Designed to raise awareness of the devastation created by marine debris and innovative ways to recycle lost or discarded “ghost” fishing gear, the entire exhibition posits hope: that non-profits and innovators with a heart can challenge our culture’s dependence on harmful waste and byproducts.

 

Across the museum, “Fashion Tails” is a presentation of celebrity-studded photography. A collaboration between the celebrities and animal rescue facilities and curator Eva Danielle, the purpose of these beautiful photography set-pieces is to pay tribute to the plight of pet animals that need homes, and promote the idea of adoption versus euthanasia.

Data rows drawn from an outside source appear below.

-- ===== src/Taskstate/Progress.antt =====
-- taskstate/sqlite.go, the writes of a running attempt and the reads of the queue's state.
use narou_viewer.Prelude.{
  Bool, List, Option, Result, String, int_max, int_suc, none, some, [], any, count, fail_if, false,
  find, if◌then◌else◌, int_eq, is_pos, is_some, ltb, not, ok, or_fail, pos, str_eq, trim_space,
  true, ℕ, ℤ, ◌&&◌, ◌++◌, ◌+◌, ◌==◌, ◌>>=◌, ◌>>◌, ◌∷◌,
}
use narou_viewer.Taskstate.Model.{
  Db, Error, Request, RequestedAction, Row, Task, TaskProgress, TaskRef, encoded, foreign_work,
  interrupted, is_queued, is_running, nonpositive_work, paused, stale_task_attempt,
  task_already_active,
}
use narou_viewer.Taskstate.Request.{request_for_task}
use narou_viewer.Taskstate.Scan.{get_tx}
use narou_viewer.Taskstate.Schema.{and_other, by_attempt, reserves_work, update_tasks}
use narou_viewer.Taskstate.Target.{Env}

-- An UPDATE of a running attempt, and requireAttemptUpdate on its count of rows.
unfoldable pub update_attempt : TaskRef → (Row → Row) → Db → Result Error Db
update_attempt ref f db = do
  db' ← update_tasks (by_attempt ref) f db
  fail_if (not (count (by_attempt ref) db.tasks == 1)) stale_task_attempt
  ok db'

-- ReadRequestedAction
unfoldable pub read_requested_action : TaskRef → Db → Result Error RequestedAction
read_requested_action ref db = do
  row ← or_fail (find (by_attempt ref) db.tasks) stale_task_attempt
  ok row.requested_action

-- CASE WHEN ? <> '' THEN ? ELSE message END
abbrev pub replace_message : String → String → String
replace_message new old = if str_eq new "" then old else new

unfoldable pub set_progress : ℕ → TaskProgress → Row → Row
set_progress now p r = record r {
  phase = p.phase;
  current_step = p.current_step;
  total_steps = p.total_steps;
  message = replace_message p.message r.message;
  updated_at = now;
}

-- UpdateProgress
unfoldable pub update_progress : ℕ → TaskRef → TaskProgress → Db → Result Error Db
unfolding set_progress
update_progress now ref p db = update_attempt ref (set_progress now p) db

-- UpdateMessage
unfoldable pub update_message : ℕ → TaskRef → String → Db → Result Error Db
update_message now ref text db =
    update_attempt ref (λ r. record r { message = text; updated_at = now }) db

-- SetTarget
unfoldable pub set_target : ℕ → TaskRef → String → Db → Result Error Db
set_target now ref label db =
    update_attempt ref (λ r. record r { target_label = label; updated_at = now }) db

-- SetSavedEpisodeCount
unfoldable pub set_saved_episode_count : ℕ → TaskRef → ℤ → Db → Result Error Db
set_saved_episode_count now ref n db =
    update_attempt ref (λ r. record r { saved_episode_count = n; updated_at = now }) db

-- SetFailureEpisode
unfoldable pub set_failure_episode : ℕ → TaskRef → String → String → Db → Result Error Db
set_failure_episode now ref failed_id resume_id db =
    update_attempt ref
      (λ r. record r {
        failed_episode_id = failed_id;
        resume_episode_id = resume_id;
        updated_at = now;
      })
      db

-- Not the running attempt that the reference names.
abbrev pub is_stale : TaskRef → Task → Bool
is_stale ref t = not (t.attempt_count == ref.attempt && is_running t.status)

unfoldable pub set_warnings : ℕ → List String → Row → Row
set_warnings now texts r = record r { warnings = texts; updated_at = now }

-- The UPDATE of AddWarning.
unfoldable pub write_warnings : ℕ → TaskRef → List String → Db → Result Error Db
unfolding set_warnings
write_warnings now ref texts db = update_attempt ref (set_warnings now texts) db

-- The UPDATE of fetch_tasks for an episode that is saved, with MAX(column, ?) of two counts.
unfoldable pub set_checkpoint : ℕ → ℤ → String → Row → Row
set_checkpoint now saved next_episode r = record r {
  saved_episode_count = int_max r.saved_episode_count saved;
  current_step = int_max r.current_step saved;
  resume_episode_id = next_episode;
  updated_at = now;
}

-- What RecordTaskEpisodeCheckpoint and the save of an episode do to the task.
unfoldable pub record_checkpoint : ℕ → TaskRef → ℤ → String → Db → Result Error Db
unfolding set_checkpoint
record_checkpoint now ref sort_order next_episode db =
    update_attempt ref (set_checkpoint now (int_suc sort_order) next_episode) db

unfoldable pub set_work : ℕ → ℤ → Request → String → String → Row → Row
set_work now work request key fingerprint r = record r {
  request_json = encoded request;
  dedupe_key = key;
  request_fingerprint = fingerprint;
  primary_work_id = work;
  updated_at = now;
}

-- Nothing is written where there is nothing new.
abbrev pub write_new : ℕ → TaskRef → Option (List String) → Db → Result Error Db
write_new now ref none db = ok db
write_new now ref (some texts) db = update_attempt ref (set_warnings now texts) db

module _ (env : Env) where
  -- The task that a reference names, if it is the running attempt.
  unfoldable pub current_attempt : TaskRef → Db → Result Error Task
  current_attempt ref db = do
    found ← get_tx env ref.task_id db
    task ← or_fail found stale_task_attempt
    fail_if (is_stale ref task) stale_task_attempt
    ok task

  -- The part of AddWarning before its UPDATE: the warnings to write, none for a repeated one.
  unfoldable pub new_warnings : TaskRef → String → Db → Result Error (Option (List String))
  unfolding current_attempt
  new_warnings ref warning db = do
    task ← current_attempt ref db
    ok (if any (str_eq warning) task.warnings then none else some (task.warnings ++ warning ∷ []))

  -- AddWarning, on the tables that its SELECT reads and those that its UPDATE finds, since it is no
  -- transaction. Blank and repeated warnings write nothing.
  unfoldable pub add_warning : ℕ → TaskRef → String → Db → Db → Result Error Db
  unfolding new_warnings set_warnings
  add_warning now ref warning before_write db =
      if str_eq (trim_space warning) ""
      then ok db
      else do found ← new_warnings ref warning before_write; write_new now ref found db

  unfoldable pub bind_work : ℕ → TaskRef → ℤ → Task → Db → Result Error Db
  unfolding set_work
  bind_work now ref work task db = do
    fail_if (not (int_eq task.work_id (pos 0))) foreign_work
    fail_if (is_some (find (and_other ref.task_id (reserves_work work)) db.tasks))
        task_already_active
    (request, key, fingerprint) ← request_for_task env (record task { work_id = work })
    update_attempt ref (set_work now work request key fingerprint) db

  -- SetWorkID
  unfoldable pub set_work_id : ℕ → TaskRef → ℤ → Db → Result Error Db
  unfolding bind_work current_attempt
  set_work_id now ref work db = do
    fail_if (not (is_pos work)) nonpositive_work
    task ← current_attempt ref db
    if int_eq task.work_id work then ok db else bind_work now ref work task db

pub record QueueCounts : Type 0 where
  pub total : ℕ
  pub queued_count : ℕ
  pub is_busy : Bool
  pub paused_count : ℕ
  pub interrupted_count : ℕ

abbrev pub is_paused_row : Row → Bool
is_paused_row r = elim r.status [ paused ↦ true | _ ↦ false ]

abbrev pub is_interrupted_row : Row → Bool
is_interrupted_row r = elim r.status [ interrupted ↦ true | _ ↦ false ]

abbrev pub is_queued_row : Row → Bool
is_queued_row r = is_queued r.status

abbrev pub is_running_row : Row → Bool
is_running_row r = is_running r.status

-- QueueCounts
unfoldable pub queue_counts : Db → QueueCounts
queue_counts db =
    let waiting = count is_queued_row db.tasks in
    let busy = count is_running_row db.tasks in
    record {
      total = waiting + busy;
      queued_count = waiting;
      is_busy = ltb 0 busy;
      paused_count = count is_paused_row db.tasks;
      interrupted_count = count is_interrupted_row db.tasks;
    }

-- HasQueuedTasks
unfoldable pub has_queued_tasks : Db → Bool
has_queued_tasks db = ltb 0 (count is_queued_row db.tasks)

From Jason Alexander to Sharon Osburne, from cats to dogs to horses to birds, Danielle has positioned her celebrities and their pets in whimsical, dreamy settings that evoke an ice kingdom, a garden of flowers, a medieval landscape. More simply, there are also charming portraits such as that of subject Ashlynn Yennie cradling a white cat against her chiffon designer dress, or Rhona Mitra astride and embracing her horse.

Also on display in the museum space: an historic S.P.C.A. horse ambulance and a bloodied chicken sculpture “McCruelty: I’m hatin’ it.”

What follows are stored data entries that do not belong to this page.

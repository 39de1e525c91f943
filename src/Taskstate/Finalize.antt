-- ===== src/Taskstate/Finalize.antt =====
-- taskstate/sqlite.go, Finalize: the outcome of an attempt.
use narou_viewer.Prelude.{
  ℕ, String, Bool, true, false, not, ◌||◌, Option, none, some, if◌then◌else◌, str_eq, Result, err,
  ◌>>=◌, ◌>>◌, fail_if,
}
use narou_viewer.Taskstate.Model.{
  Row, Db, Task, TaskRef, Outcome, Status, queued, running, paused, interrupted, canceled,
  succeeded, RequestedAction, no_request, pause, cancel, Error, invalid_terminal_status,
}
use narou_viewer.Taskstate.Target.{Env}
use narou_viewer.Taskstate.Progress.{update_attempt, current_attempt}

-- The statuses that an outcome may not have: queued, running and "".
abbrev pub is_final : Option Status → Bool
is_final none = false
is_final (some queued) = false
is_final (some running) = false
is_final (some _) = true

abbrev pub committed_outcome : Outcome
committed_outcome = record {
  status = some succeeded;
  error = none;
  message = "Task completed";
  execution_committed = true;
}

abbrev pub requested_outcome : RequestedAction → Outcome → Outcome
requested_outcome pause o = record o {
  status = some paused;
  message = "Task paused";
  error = some "task pause requested";
}
requested_outcome cancel o = record o {
  status = some canceled;
  message = "Task cancelled";
  error = some "task cancel requested";
}
requested_outcome no_request o = o

-- A committed result wins over a requested action, and that over what the runner reports.
unfoldable pub settle : Task → Outcome → Outcome
settle t o =
    if t.execution_committed || o.execution_committed
    then committed_outcome
    else requested_outcome t.requested_action o

abbrev pub default_message : Option Status → String
default_message (some succeeded) = "Task completed"
default_message (some canceled) = "Task cancelled"
default_message _ = ""

abbrev pub message_of : Outcome → String
message_of o = if str_eq o.message "" then default_message o.status else o.message

abbrev pub error_text : Option String → String
error_text none = ""
error_text (some e) = e

abbrev pub when_paused : Status → Option ℕ → Option ℕ → Option ℕ
when_paused paused now old = now
when_paused _ now old = old

abbrev pub when_interrupted : Status → Option ℕ → Option ℕ → Option ℕ
when_interrupted interrupted now old = now
when_interrupted _ now old = old

-- The UPDATE of Finalize for a settled outcome of status `s`.
unfoldable pub set_outcome : ℕ → Status → Outcome → Row → Row
set_outcome now s o r = record r {
  status = s;
  requested_action = no_request;
  message = if str_eq (message_of o) "" then r.message else message_of o;
  error_message = error_text o.error;
  execution_committed = if o.execution_committed then true else r.execution_committed;
  finished_at = some now;
  updated_at = now;
  paused_at = when_paused s (some now) r.paused_at;
  interrupted_at = when_interrupted s (some now) r.interrupted_at;
}

unfoldable pub write_outcome : ℕ → TaskRef → Outcome → Option Status → Db → Result Error Db
write_outcome now ref o none db = err invalid_terminal_status
write_outcome now ref o (some s) db = update_attempt ref (set_outcome now s o) db

unfoldable pub finalize : Env → ℕ → TaskRef → Outcome → Db → Result Error Db
unfolding write_outcome
finalize env now ref o db = do
  fail_if (not (is_final o.status)) invalid_terminal_status
  task ← current_attempt env ref db
  write_outcome now ref (settle task o) (settle task o).status db
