-- ===== src/Taskqueue/Queue.antt =====
-- taskqueue/queue.go: what Queue adds to the repository. `wake` says that the channel of capacity
-- one holds a signal. `now` is the clock's value for the repository.
use narou_viewer.Prelude.{
  Bool, List, Option, Result, String, err, fail_if, if◌then◌else◌, none, not, ok, or_fail, some,
  str_eq, trim_space, true, ℕ, ℤ, ◌>>=◌, ◌>>◌, ◌||◌,
}
use narou_viewer.Taskstate.Claim.{claim_next}
use narou_viewer.Taskstate.Control.{request_cancel, request_pause, request_resume}
use narou_viewer.Taskstate.Enqueue.{EnqueueResult, enqueue}
use narou_viewer.Taskstate.Finalize.{finalize}
use narou_viewer.Taskstate.Model.{
  ControlResult, Db, Error, Outcome, Task, TaskProgress, TaskRef, canceled, failed, interrupted,
  is_running, paused, stale_task_attempt, succeeded, task_not_found,
}
use narou_viewer.Taskstate.Progress.{
  add_warning, set_failure_episode, set_saved_episode_count, set_target, set_work_id,
  update_message, update_progress,
}
use narou_viewer.Taskstate.Scan.{get_tx}
use narou_viewer.Taskstate.Target.{Env}

pub record Queue : Type 0 where
  pub db : Db
  pub wake : Bool

-- The channel is full, or takes the signal.
abbrev pub notify : Queue → Queue
notify q = record q { wake = true }

-- What errors.Is finds in the chain of an error, and its text.
pub record TaskError : Type 0 where
  pub is_pause_requested : Bool
  pub is_cancel_requested : Bool
  pub is_context_canceled : Bool
  pub is_runner_shutdown : Bool
  pub text : String

-- setOutcomeFromError
unfoldable pub set_outcome_from_error : Outcome → Option TaskError → Outcome
set_outcome_from_error o none = record o { status = some succeeded; message = "Task completed" }
set_outcome_from_error o (some e) =
    if e.is_pause_requested
    then record o { status = some paused; message = "Task paused" }
    else if e.is_cancel_requested || e.is_context_canceled
    then record o { status = some canceled; message = "Task cancelled" }
    else if e.is_runner_shutdown
    then record o {
      status = some interrupted;
      message = "Task interrupted during process shutdown";
    }
    else record o { status = some failed; message = e.text }

abbrev pub text_of : Option TaskError → Option String
text_of none = none
text_of (some e) = some e.text

-- The outcome that FinishTask reports for a claimed task.
unfoldable pub outcome_of : Task → Option TaskError → Outcome
outcome_of t e =
    set_outcome_from_error
      (record {
        status = some succeeded;
        error = text_of e;
        message = "";
        execution_committed = t.execution_committed;
      })
      e

-- The queue after a transaction that answers a value, or fails and is rolled back.
abbrev pub committed : {A : Type 0} → Queue → Result Error (Db × A) → Queue × Result Error A
committed q (ok (db, a)) = (record q { db = db }, ok a)
committed q (err e) = (q, err e)

-- A control that changed something wakes the runner.
abbrev pub wake_if_changed : Queue × Result Error ControlResult → Queue × Result Error ControlResult
wake_if_changed (q, err e) = (q, err e)
wake_if_changed (q, ok r) = if r.changed then (notify q, ok r) else (q, ok r)

abbrev pub kept : Db → Result Error Db → Db
kept db (ok db') = db'
kept db (err e) = db

module _ (env : Env) where
  abbrev pub wake_if_enqueued :
      Queue × Result Error EnqueueResult → Queue × Result Error EnqueueResult
  wake_if_enqueued (q, ok r) = (notify q, ok r)
  wake_if_enqueued (q, err e) = (q, err e)

  -- Queue.Enqueue
  unfoldable pub enqueue_tasks :
      ℕ → List (Task × String) → Queue → Queue × Result Error EnqueueResult
  enqueue_tasks now ts q = wake_if_enqueued (committed q (enqueue env now ts q.db))

  -- Queue.ClaimNext
  unfoldable pub claim_task : ℕ → Queue → Queue × Result Error (Option Task)
  claim_task now q = committed q (claim_next env now q.db)

  -- Queue.RequestPause, Queue.RequestCancel and Queue.RequestResume
  unfoldable pub pause_task : String → ℕ → Queue → Queue × Result Error ControlResult
  pause_task id now q = wake_if_changed (committed q (request_pause env id now q.db))

  unfoldable pub cancel_task : String → ℕ → Queue → Queue × Result Error ControlResult
  cancel_task id now q = wake_if_changed (committed q (request_cancel env id now q.db))

  unfoldable pub resume_task : String → ℕ → Queue → Queue × Result Error ControlResult
  resume_task id now q = wake_if_changed (committed q (request_resume env id now q.db))

  -- runningRef: the attempt that a report by id is for.
  unfoldable pub running_ref : String → Db → Result Error TaskRef
  running_ref id db = do
    found ← get_tx env id db
    task ← or_fail found task_not_found
    fail_if (not (is_running task.status)) stale_task_attempt
    ok (record { task_id = id; attempt = task.attempt_count })

  -- A report, with nothing between its reads and its write: no running attempt and a failed write are both passed over.
  unfoldable pub report : String → (TaskRef → Db → Result Error Db) → Db → Db
  unfolding running_ref
  report id write db = kept db (running_ref id db >>= λ ref. write ref db)

  unfoldable pub set_task_progress : String → ℕ → TaskProgress → Db → Db
  unfolding report
  set_task_progress id now p db = report id (λ ref. update_progress now ref p) db

  unfoldable pub set_task_message : String → ℕ → String → Db → Db
  unfolding report
  set_task_message id now text db = report id (λ ref. update_message now ref text) db

  unfoldable pub add_task_warning : String → ℕ → String → Db → Db
  unfolding report
  add_task_warning id now text db =
      if str_eq (trim_space text) ""
      then db
      else report id (λ ref found. add_warning env now ref text found found) db

  unfoldable pub set_task_target : String → ℕ → String → Db → Db
  unfolding report
  set_task_target id now label db = report id (λ ref. set_target now ref label) db

  unfoldable pub set_task_work_id : String → ℕ → ℤ → Db → Result Error Db
  unfolding running_ref
  set_task_work_id id now work db = do ref ← running_ref id db; set_work_id env now ref work db

  unfoldable pub set_task_saved_episode_count : String → ℕ → ℤ → Db → Db
  unfolding report
  set_task_saved_episode_count id now n db = report id (λ ref. set_saved_episode_count now ref n) db

  unfoldable pub set_task_failure_episode : String → ℕ → String → String → Db → Db
  unfolding report
  set_task_failure_episode id now failed_id resume_id db =
      report id (λ ref. set_failure_episode now ref failed_id resume_id) db

  -- FinishTask
  unfoldable pub finish_task : ℕ → Task → Option TaskError → Db → Result Error Db
  unfolding outcome_of
  finish_task now t e db =
      finalize env now (record { task_id = t.id; attempt = t.attempt_count }) (outcome_of t e) db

The opening night event had Nami Kim as guest of honor, the woman known as a “Mother Teresa” working diligently to curtail the inhumane South Korean dog meat industry.

The opening exhibitions are emblematic of the museum itself, a fascinating hybrid of art and social dedication to a healthy connection with the animal world and animal welfare.

Meanwhile, an opening night fundraising party blossomed under heat lamps in the street outside the museum. The event included some awesome vegan appetizers from Doomie’s, Hugo’s, and Big Mama’s and Pappa’s pizza, gifts of Lush vegan soaps and bath bombs, recycled paper notebooks from Vegan Printer, Tofurkey sausage samples, and holiday-themed craft cocktails provided by a Santa Barbara mixologist the Green Grinch was a personal favorite. Sponsors included A Healthy Pour, Ambroso Tequila, Brit-Tanya Bartending, Hugo’s Restaurant, Essentia Water, Stacy’s Cookie Lounge, Doomie’s Home Cookin’, Mulberry Love, Open Table, Runway Vineyards, and White Tiger Vodka.

The Animal Museum is located at 421 Colyton Street in DTLA’s arts district.